It's part of a clear detailed long-term vision and they've just been putting
the finishing touches on it and everyone acts like it just happened all by
itself.

[http://www.amazon.com/Between-Two-Ages-Americas-
Technetronic...](http://www.amazon.com/Between-Two-Ages-Americas-
Technetronic/dp/0313234981)

>"The technetronic era involves the gradual appearance of a more controlled
society. Such a society would be dominated by an elite, unrestrained by
traditional values. Soon it will be possible to assert almost continuous
surveillance over every citizen and maintain up-to-date complete files
containing even the most personal information about the citizen. These files
will be subject to instantaneous retrieval by the authorities." (This was an
excellent prediction although it is slightly worse now.)
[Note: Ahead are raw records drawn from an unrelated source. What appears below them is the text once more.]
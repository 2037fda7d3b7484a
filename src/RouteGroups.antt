-- ===== src/RouteGroups.antt =====
-- apps/backend/src/modules/route-groups: `RouteGroupsService`.
mod Service
pub mod Routes
unfoldable pub use Service.*
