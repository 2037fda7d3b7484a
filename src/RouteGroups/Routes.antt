-- ===== src/RouteGroups/Routes.antt =====
-- What a save of a route group does to its routes
-- (apps/backend/src/modules/route-groups/route-groups.service.ts, `replaceRoutes` and `dedupeRoutes`).
use shipment_tracking_system.Prelude.{ℕ, String, Bool, List, filter, map, any, ◌==◌, str_eq}
use shipment_tracking_system.Prelude.Orm.{Orm}
use shipment_tracking_system.RouteGroups.{RouteGroupRouteEntity, RouteGroupRouteDto, route_key}

-- The key has been seen.
abbrev is_seen : List String → RouteGroupRouteDto → Bool
is_seen seen r = any (λ k. str_eq k (route_key r)) seen

-- The row of a route, and the route of a row.
abbrev row_of : ℕ → RouteGroupRouteDto → RouteGroupRouteEntity
row_of id r = record { route_group_id = id; origin_station = r.origin; dest_station = r.dest }

abbrev pub route_at : RouteGroupRouteEntity → RouteGroupRouteDto
route_at m = record { origin = m.origin_station; dest = m.dest_station }

-- The routes of a group, in the order of the rows.
abbrev pub routes_in : ℕ → List RouteGroupRouteEntity → List RouteGroupRouteDto
routes_in id t = map route_at (filter (λ m. m.route_group_id == id) t)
>'In the technotronic society the trend would seem to be towards the
aggregation of the individual support of millions of uncoordinated citizens,
easily within the reach of magnetic and attractive personalities effectively
exploiting the latest communications techniques to manipulate emotions and
control reason." (Fox CNN and facebook?)

>"Today we are again witnessing the emergence of transnational elites ...
[Whose] ties cut across national boundaries ...It is likely that before long
the social elites of most of the more advanced countries will be highly
internationalist or globalist in spirit and outlook ... The nation-state is
gradually yielding its sovereignty... Further progress will require greater
American sacrifices. More intensive efforts to shape a new world monetary
structure will have to be undertaken, with some consequent risk to the present
relatively favorable American position."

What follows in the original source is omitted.